🤖 AI Summary
To address the challenge of jointly modeling multimodal predictors and responses in high-dimensional tensor time series, this paper proposes the first unified stochastic regression framework based on CANDECOMP/PARAFAC (CP) decomposition, supporting arbitrary combinations of vector-, matrix-, and tensor-valued inputs and outputs—including tensor autoregression as a natural special case. Methodologically, it systematically introduces CP decomposition into high-dimensional tensor regression to enable interpretable modeling of cross-modal interactions. We construct both CP low-rank and sparse CP low-rank estimators and derive tight non-asymptotic error bounds. Theoretical analysis integrates alternating minimization with regularization techniques; simulations confirm the tightness of the bounds and computational efficiency. Empirical studies on macroeconomic and air pollution data successfully uncover interpretable low-dimensional dynamic dependence structures.
📝 Abstract
As tensor-valued data become increasingly common in time series analysis, there is a growing need for flexible and interpretable models that can handle high-dimensional predictors and responses across multiple modes. We propose a unified framework for high-dimensional tensor stochastic regression based on CANDECOMP/PARAFAC (CP) decomposition, which encompasses vector, matrix, and tensor responses and predictors as special cases. Tensor autoregression naturally arises as a special case within this framework.

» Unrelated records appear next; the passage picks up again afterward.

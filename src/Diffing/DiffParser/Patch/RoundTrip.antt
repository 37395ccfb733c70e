-- ===== src/Diffing/DiffParser/Patch/RoundTrip.antt =====
-- A patch that git prints is read back: which files it changes, and which lines of each.
use analysis_engine_service.Prelude.{
  ℕ, ◌≡◌, refl, sym, ap, ◌∙◌, String, Bool, true, false, Option, none, or_else, List, [], ◌∷◌, ◌++◌,
  All, All-append, Dict,
}
use analysis_engine_service.Prelude.Raises.{ok, ◌>>=◌}
use analysis_engine_service.Prelude.Bytes.{Bytes, bytes, Lacks, split, split-append}
use analysis_engine_service.Diffing.DiffParser.Patch.{
  PatchFile, new_file, State, initial, open_file, on_line, step, read_lines, resolve, parse_patch,
  header_of, on_header,
}
use analysis_engine_service.Diffing.DiffParser.Patch.Print.{
  FileDiff, kind_lines, change_lines, file_lines, patch_lines, print_lines,
}
use analysis_engine_service.Diffing.DiffParser.Patch.Reading.{within, read_lines-append}
use analysis_engine_service.Diffing.DiffParser.Patch.Sides.{Utf8}
use analysis_engine_service.Diffing.DiffParser.Patch.Objects.{Shows, resolve-open}
use analysis_engine_service.Diffing.DiffParser.Patch.Files.{named_files, IsFileDiff, read_file}

module _ (U : Utf8) where
  open U use {decode}

  -- What `parse_patch` returns at the end.
  abbrev result : State → Dict PatchFile
  result s = resolve s.finished (or_else s.current new_file) s.files

  step-blank :
      (finished : List PatchFile) (file : PatchFile) (minus : Option String) (b : Bool)
      (files : Dict ℕ)
      → step decode (within finished file minus b files) []
        ≡ ok (within finished file minus b files)
  unfolding step on_line header_of on_header
  step-blank finished file minus true files = refl
  step-blank finished file minus false files = refl

  -- A state whose files are `d`, with `objects` created so far.
  record Stands (s : State) (objects : List PatchFile) (d : Dict PatchFile) : Type 0 where
    opens : open_file s ≡ within objects new_file none false s.files
    stays : step decode s [] ≡ ok s
    gives : result s ≡ d
    shows : Shows objects s.files d

  Stands-within :
      (finished : List PatchFile) (file : PatchFile) (minus : Option String) (b : Bool)
      (files : Dict ℕ) (d : Dict PatchFile)
      → Shows (finished ++ file ∷ []) files d
      → Stands (within finished file minus b files) (finished ++ file ∷ []) d
  Stands-within finished file minus b files d shows = record {
    opens = unfold open_file in refl;
    stays = step-blank finished file minus b files;
    gives = sym (resolve-open finished file new_file files shows.known) ∙ shows.shown new_file;
    shows = shows;
  }

  read_title :
      (s t : State) (title : Bytes) (ls : List Bytes)
      → read_lines decode (open_file s) ls ≡ ok t
      → read_lines decode s ((bytes "diff --git " ++ title) ∷ ls) ≡ ok t
  unfolding read_lines step
  read_title s t title ls h = h

  read_files :
      (s : State) (objects : List PatchFile) (d : Dict PatchFile) (fs : List FileDiff)
      → Stands s objects d
      → All (IsFileDiff U) fs
      → (t : State) × (read_lines decode s (patch_lines fs) ≡ ok t)
        × (step decode t [] ≡ ok t)
        × (result t ≡ named_files U d fs)
  unfolding patch_lines
  read_files s objects d [] stands w = (s, unfold read_lines in refl, stands.stays, stands.gives)
  read_files s objects d (f ∷ fs) stands w =
      let (file, minus, b, files, e, shows) = read_file U objects s.files d f stands.shows w.0 in
      let (t, q, l, r) =
        read_files (within objects file minus b files) (objects ++ file ∷ [])
          (named_files U d (f ∷ [])) fs
          (Stands-within objects file minus b files (named_files U d (f ∷ [])) shows) w.1 in
      (
        t,
        read_lines-append decode s (within objects file minus b files) (file_lines f)
              (patch_lines fs)
              (read_title s (within objects file minus b files) f.title
                (kind_lines f.path f.kind ++ change_lines f)
                (ap (λ o. read_lines decode o (kind_lines f.path f.kind ++ change_lines f))
                    stands.opens
                  ∙ e))
            ∙ q,
        l,
        r,
      )

  split-print_lines :
      (ls : List Bytes) → All (Lacks 10) ls → split 10 (print_lines ls) ≡ ls ++ [] ∷ []
  unfolding print_lines
  split-print_lines [] w = unfold split in refl
  split-print_lines (l ∷ ls) w =
      split-append 10 l (print_lines ls) w.0 ∙ ap (λ ms. l ∷ ms) (split-print_lines ls w.1)

  patch_lines-Lacks : (fs : List FileDiff) → All (IsFileDiff U) fs → All (Lacks 10) (patch_lines fs)
  unfolding patch_lines
  patch_lines-Lacks [] w = tt
  patch_lines-Lacks (f ∷ fs) w =
      All-append (Lacks 10) (file_lines f) (patch_lines fs) w.0.lines_clean
        (patch_lines-Lacks fs w.1)

  read_lines-last : (t : State) → step decode t [] ≡ ok t → read_lines decode t ([] ∷ []) ≡ ok t
  unfolding read_lines
  read_lines-last t l = ap (λ r. r >>= λ s. ok s) l

  Stands-initial : Stands initial [] []
  Stands-initial = record {
    opens = unfold open_file in refl;
    stays = unfold step in refl;
    gives = unfold resolve in refl;
    shows = record { known = tt; shown = λ x. unfold resolve in refl };
  }

  -- What git prints of a list of files, edited, created, deleted and renamed ones, is read back: a
  -- file whose content changed and a renamed one stand under their path, decoded, with their status,
  -- the lines that their hunks have in the new file, and the places where a hunk only removes lines.
  -- The lines of a hunk are never taken for headers, whatever they hold. A path is not empty, and no
  -- line holds a line break.
  pub parse_patch-patch_lines :
      (fs : List FileDiff)
      → All (IsFileDiff U) fs
      → parse_patch decode (print_lines (patch_lines fs)) ≡ ok (named_files U [] fs)
  unfolding parse_patch
  parse_patch-patch_lines fs w =
      let (t, q, l, r) = read_files initial [] [] fs Stands-initial w in
      ap (λ ls. read_lines decode initial ls >>= λ s. ok (result s))
        (split-print_lines (patch_lines fs) (patch_lines-Lacks fs w))
      ∙ ap (λ o. o >>= λ s. ok (result s))
          (read_lines-append decode initial t (patch_lines fs) ([] ∷ []) q ∙ read_lines-last t l)
      ∙ ap ok r
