-- ===== src/Diffing/DiffExtractor/Sound.antt =====
-- `extract` ends with changes, unless git cannot be started or what it prints cannot be read.
use analysis_engine_service.Prelude.{◌⊎◌, All, ℕ, ◌≢◌, ◌≡◌, String, false, Option, none, some, List}
use analysis_engine_service.Prelude.Raises.{Raises, value_error}
use analysis_engine_service.Prelude.Text.{Unicode}
use analysis_engine_service.Prelude.Bytes.{Bytes}
use analysis_engine_service.Workspace.GitClient.{
  Outcome, done, security_error, crashed, GitProcess, exits, takes_too_long, cannot_start,
  validate_branch,
}
use analysis_engine_service.Domain.ChangeSet.{PullRequestChanges, no_target_branch, error}
use analysis_engine_service.Diffing.DiffParser.Numstat.{
  Numstat, NumstatEntry, parsed, parse_numstat,
}
use analysis_engine_service.Diffing.DiffParser.Patch.{parse_patch}
use analysis_engine_service.Diffing.DiffParser.Numstat.RoundTrip.{Row, IsRow, print_rows}
use analysis_engine_service.Diffing.DiffParser.Patch.Print.{FileDiff, patch_lines, print_lines}
use analysis_engine_service.Diffing.DiffParser.Patch.Sides.{Utf8}
use analysis_engine_service.Diffing.DiffParser.Patch.Files.{IsFileDiff}
use analysis_engine_service.Diffing.DiffExtractor.{numstat_args, patch_args}
use analysis_engine_service.Diffing.DiffExtractor.Laws.{IsChanges}

-- The changes of the diff, or a reason that is found on the way there.
abbrev IsFound : PullRequestChanges → Type 0
IsFound c =
    IsChanges c
    × (c.unavailable_reason ≢ some error)
    × (c.unavailable_reason ≢ some no_target_branch)

module _ (U : Unicode) (V : Utf8) (git : ℕ → List String → GitProcess) where
  open V use {decode}

  -- Why an exception may escape: a git command cannot be started, or what a diff command prints is
  -- refused by its parser, and then it is not what git prints of rows, or of the changes of files.
  pub data Failure : Type 0 where
    not_started : (n : ℕ) (args : List String) → git n args ≡ cannot_start → Failure
    numstat_unread :
        (n : ℕ) (base head : String) (out : Bytes)
        → git n (numstat_args base head) ≡ exits 0 out
        → ((entries : List NumstatEntry) → parse_numstat decode out ≢ parsed entries)
        → ((rows : List Row) → All IsRow rows → out ≢ print_rows rows)
        → Failure
    patch_unread :
        (n : ℕ) (base head : String) (excluded : List String) (out : Bytes)
        → git n (patch_args base head excluded) ≡ exits 0 out
        → parse_patch decode out ≡ value_error
        → ((fs : List FileDiff) → All (IsFileDiff V) fs → out ≢ print_lines (patch_lines fs))
        → Failure

  -- Why a git command raises `WorkspaceSecurityError`.
  pub data Trouble : Type 0 where
    too_slow : (n : ℕ) (args : List String) → git n args ≡ takes_too_long → Trouble
    failed :
        (n : ℕ) (args : List String) (code : ℕ) (out : Bytes)
        → git n args ≡ exits code out
        → code ≢ 0
        → Trouble

  -- A value that satisfies `P`, or an exception with such a cause.
  abbrev Ends {ℓ} : {A : Type ℓ} → (A → Type 0) → Outcome A → Type 0
  Ends P (done a) = P a
  Ends P security_error = Trouble
  Ends P crashed = Failure

  abbrev Any : {A : Type 0} → A → Type 0
  Any a = Unit

  -- The branch is refused, or git is asked.
  abbrev Tried : String → Outcome PullRequestChanges → Type 0
  Tried target o = ((validate_branch target ≡ false) × (o ≡ security_error)) ⊎ Ends IsFound o

  -- There is a target branch, and it is refused.
  abbrev pub IsBadBranch : Option String → Type 0
  IsBadBranch none = ⊥
  IsBadBranch (some target) = validate_branch target ≡ false

  -- There is no target branch.
  abbrev pub IsMissing : Option String → Type 0
  IsMissing none = Unit
  IsMissing (some target) = target ≡ ""

  -- Changes, and the reason `error` or `no_target_branch` only where there is one.
  pub record IsAnswer (target : Option String) (c : PullRequestChanges) : Type 0 where
    pub changes : IsChanges c
    pub error_why : c.unavailable_reason ≡ some error → IsBadBranch target ⊎ Trouble
    pub target_why : c.unavailable_reason ≡ some no_target_branch → IsMissing target

  -- What `extract` returns, or why an exception escapes it.
  abbrev pub IsExtracted : Option String → Outcome PullRequestChanges → Type 0
  IsExtracted target (done c) = IsAnswer target c
  IsExtracted target security_error = ⊥
  IsExtracted target crashed = Failure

By leveraging CP decomposition, the proposed models interpret the interactive roles of any two distinct tensor modes, enabling dynamic modeling of input-output mechanisms. We develop both CP low-rank and sparse CP low-rank estimators, establish their non-asymptotic error bounds, and propose an efficient alternating minimization algorithm for estimation. Simulation studies confirm the theoretical properties and demonstrate the computational advantage. Applications to mixed-frequency macroeconomic data and spatio-temporal air pollution data reveal interpretable low-dimensional structures and meaningful dynamic dependencies.